Wer kennt sie nicht, die an markanten Stellen der Stadt oder an
Litfass-Säulen angebrachten Werbeplakate „Ü18-, Ü30-, Ü40-oder Singleparty“.
Im lokalen Teil der heimischen Zeitungen wird ebenfalls hierauf hingewiesen
und anschließend darüber mit ausführlichen Berichten informiert. Nicht
selten finden sie dann auch noch in Polizeiberichten eine gewisse Nachlese,
wenn es dabei zu Komasaufen, Schlägereien oder Sachbeschädigungen kommt. Ob
diese Partys, bei oft zu lauter „Musik“ mit viel Alkohohl und dem nicht
selten gesuchten One-Night-Stand, den ausgleichenden Effekt für eine
vergangene Arbeitswoche bringen, mögen die Teilnehmer für sich beantworten.
Eines wäre völlig falsch, wenn nun dem
Schreiber dieses Berichtes unterstellt würde, er diffamiere grundsätzlich
diese Veranstaltungen und sei prüde. Viele dieser Partys sind vom
Veranstalter grundsolide in der Ausrichtung geplant und laufen ohne
Zwischenfälle ab. Nicht selten führen sie zu festen Bindungen, die ein Leben
lang halten.
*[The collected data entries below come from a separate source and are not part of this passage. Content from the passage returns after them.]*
-- ===== src/Tests/Frames.antt =====
-- Calls, arguments and stored definitions of cfsmextract at concrete inputs.
use dingo_hunter.Prelude.{
  ℕ, suc, zero, ◌≡◌, ◌≢◌, ◌↔◌, ◌<◌, refl, true, false, ◌||◌, Option, none, some, List, [], ◌∷◌,
  lookup, nat_eq, option_eq, length, arith, if◌then◌else◌,
}
use mathlib.Core.List.Memᴰ
use dingo_hunter.Definition.{fresh_def, def_eq}
use dingo_hunter.Extract.Program.{Program, CallCommon, call, function, other_shape}
use dingo_hunter.Extract.State.{done, nothing, Ref, Scope, Store, State, out_of_fuel}
use dingo_hunter.Extract.Frames.{
  get, nils, new_scope, is_recursive, at_address, update_store, bind_params, bind_param,
}
use dingo_hunter.Extract.Frames.Recursion.{
  is_recursive_iff, BeginsWithCall, mutual_recursion_diverges,
}
use dingo_hunter.Extract.Frames.Update.{rename, mentions, update_defs_renames}
use dingo_hunter.Extract.Frames.Params.{bind_params-binds, bind_params-fails_iff}
use dingo_hunter.Extract.Moves.{visit_slice, visit_make_slice}
use dingo_hunter.Extract.Moves.Slices.{slices_stay_undefined}
use dingo_hunter.Extract.Run.{visit_block}
use dingo_hunter.Extract.Main.{toplevel}

-- A call of `f` by `f` itself is recursive.
is_recursive_iff_example :
    (is_recursive (some 0) (some 0 ∷ some 7 ∷ []) ≡ true)
    ↔ ((above : List (Option ℕ)) × (some 0 ∷ some 7 ∷ [] ≡ some 0 ∷ above))
is_recursive_iff_example = is_recursive_iff (some 0) (some 0 ∷ some 7 ∷ [])

abbrev call_of : ℕ → CallCommon
call_of g = record { site = g; value = 9; callee = function g; args = []; results = 0 }

-- The functions 0 and 1 call each other.
abbrev ping_pong : Program
ping_pong = record {
  ssa = record { chan_elem = λ v. none };
  block = λ b. record {
    preds = 0;
    label = "b";
    instrs = call 7 (call_of (elim b [ zero ↦ 1 | suc n ↦ 0 ])) ∷ [];
  };
  entry = λ fn. some fn;
  params = λ fn. [];
  free_vars = λ fn. [];
  results = λ fn. [];
  pointee = λ v. other_shape;
  implements = λ v m. false;
  lookup_method = λ v m. none;
}

ping : BeginsWithCall ping_pong 0 0 1 1
ping = record {
  returned = 7;
  common = call_of 1;
  rest = [];
  entered_once = refl;
  instrs = refl;
  callee = refl;
  entry = refl;
  no_params = refl;
  no_captures = refl;
}

pong : BeginsWithCall ping_pong 1 1 0 0
pong = record {
  returned = 7;
  common = call_of 0;
  rest = [];
  entered_once = refl;
  instrs = refl;
  callee = refl;
  entry = refl;
  no_params = refl;
  no_captures = refl;
}

abbrev in_ping : State
in_ping = record toplevel {
  frame = record toplevel.frame { scope = record toplevel.frame.scope { fn = some 0 } };
}

two_functions : ◌≢◌ {A = Option ℕ} (some 0) (some 1)
two_functions = λ e. absurd ground arith

mutual_recursion_diverges_example : visit_block ping_pong 1000 0 in_ping ≡ out_of_fuel
mutual_recursion_diverges_example =
    mutual_recursion_diverges ping_pong 1000 0 0 1 1 in_ping two_functions ping pong refl

abbrev def_of : ℕ → Ref
def_of n = some (record { var = n; ver = 0 })

-- Two arrays of the environment share the map at address 0.
abbrev shared : Store
shared = record toplevel.store {
  arrays = (def_of 1, 0) ∷ (def_of 2, 0) ∷ [];
  elems = ((5, def_of 3) ∷ []) ∷ [];
}

abbrev no_scope : Scope
no_scope = record {
  fn = none;
  locals = (1, def_of 3) ∷ [];
  arrays = [];
  structs = [];
  tuples = [];
  phi = [];
  retvals = [];
  defers = [];
  callers = [];
}

update_defs_renames_example :
    let st' = update_store (def_of 3) (def_of 4) no_scope shared in
    (lookup 5 (at_address st'.elems 0) ≡ (
      if mentions 0 no_scope.arrays || mentions 0 shared.arrays
      then rename (def_of 3) (def_of 4) (lookup 5 (at_address shared.elems 0))
      else lookup 5 (at_address shared.elems 0)))
    × (lookup 0 (at_address st'.fields 0) ≡ (
        if mentions 0 no_scope.structs || mentions 0 shared.structs
        then rename (def_of 3) (def_of 4) (lookup 0 (at_address shared.fields 0))
        else lookup 0 (at_address shared.fields 0)))
    × (st'.arrays ≡ shared.arrays)
    × (st'.structs ≡ shared.structs)
    × (st'.globals ≡ shared.globals)
    × (st'.extern ≡ shared.extern)
    × (st'.closures ≡ shared.closures)
    × (st'.sel_idx ≡ shared.sel_idx)
    × (st'.sel_test ≡ shared.sel_test)
    × (st'.args ≡ shared.args)
    × (length st'.elems ≡ length shared.elems)
    × (length st'.fields ≡ length shared.fields)
update_defs_renames_example = update_defs_renames (def_of 3) (def_of 4) no_scope shared 0 5 0

abbrev caller : State
caller = record toplevel { frame = record toplevel.frame { scope = no_scope } }

abbrev bound : Scope
bound = bind_param 8 1 caller (record no_scope { locals = [] })

binds : bind_params (8 ∷ []) (1 ∷ []) caller (record no_scope { locals = [] }) ≡ some bound
unfolding bind_params
binds = refl

bind_params-binds_example : lookup 8 bound.locals ≡ some (def_of 3)
bind_params-binds_example =
    bind_params-binds (8 ∷ []) (1 ∷ []) caller (record no_scope { locals = [] }) bound 0 8 1
      (def_of 3) ((λ m. Memᴰ.not-nil m), tt) binds refl refl (λ e. absurd ground arith) refl

bind_params-fails_iff_example :
    (bind_params (8 ∷ 9 ∷ []) (1 ∷ []) caller no_scope ≡ none)
    ↔ (length {A = ℕ} (1 ∷ []) < length {A = ℕ} (8 ∷ 9 ∷ []))
bind_params-fails_iff_example = bind_params-fails_iff (8 ∷ 9 ∷ []) (1 ∷ []) caller no_scope

not_local : lookup 3 toplevel.frame.scope.locals ≡ none
unfolding toplevel new_scope nils
not_local = refl

not_phi : lookup 3 toplevel.frame.scope.phi ≡ none
unfolding toplevel new_scope nils
not_phi = refl

slices_stay_undefined_example :
    (s' : State) × (visit_slice 3 toplevel ≡ done (tt, s'))
    × (visit_make_slice 3 toplevel ≡ done (tt, s'))
    × (lookup (some (fresh_def 3 toplevel.versions).0) s'.store.arrays
        ≡ some (length toplevel.store.elems))
    × (get 3 s' ≡ (none, nothing))
slices_stay_undefined_example = slices_stay_undefined 3 toplevel not_local not_phi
Halt eben wie früher, als es noch große Zelt- und Vereinsfeste
gab, die fast in Vergessenheit geraten sind und heute nur noch in
Dorfgemeinschaften nennenswert vorkommen.
Und jetzt noch diese ungewohnte Zeitungsanzeige
„Ü70-Klönparty“. „Was ist das denn“?, wird sich mancher Leser
verwundert gefragt haben. Des Rätsels Lösung liegt in der Tatsache, dass der
Rassegeflügelzuchtverein Holsen seinen verdienten älteren Mitgliedern eine
Möglichkeit zu gemeinsamen Treffen bietet. Mindestens ein aktives
Vorstandsmitglied wird für die Leitung dieser Treffen abgestellt, bei denen
zwanglos alle Themen angesprochen werden und über den Verein und seine
aktiven Ziele berichtet wird. Selbstverständlich kommt dabei die „Gute
alte Zeit“ nicht zu kurz.

Die Ü70 läuft ein und bekommt das erste
Begrüßungsgetränk auf der VfL – Heimterrasse, bevor es zum Essen ins Holser
– Sportlerheim geht. (v.l.) Ex-Bürgermeister Siegfried Hagemann,
Vorstandsmitglied Wolfgang Brinkmann und der Ehrenvorsitzende Wilfried
Südhölter. Die heute noch aktiven Züchter Friedrich Hellmann (4.v.l.),
Friedhelm Kränke (am Kopfende) und Werner Freese (o.r.). Vor der Tür sitzend
der älteste (84 J.) Teilnehmer Horst Kempka.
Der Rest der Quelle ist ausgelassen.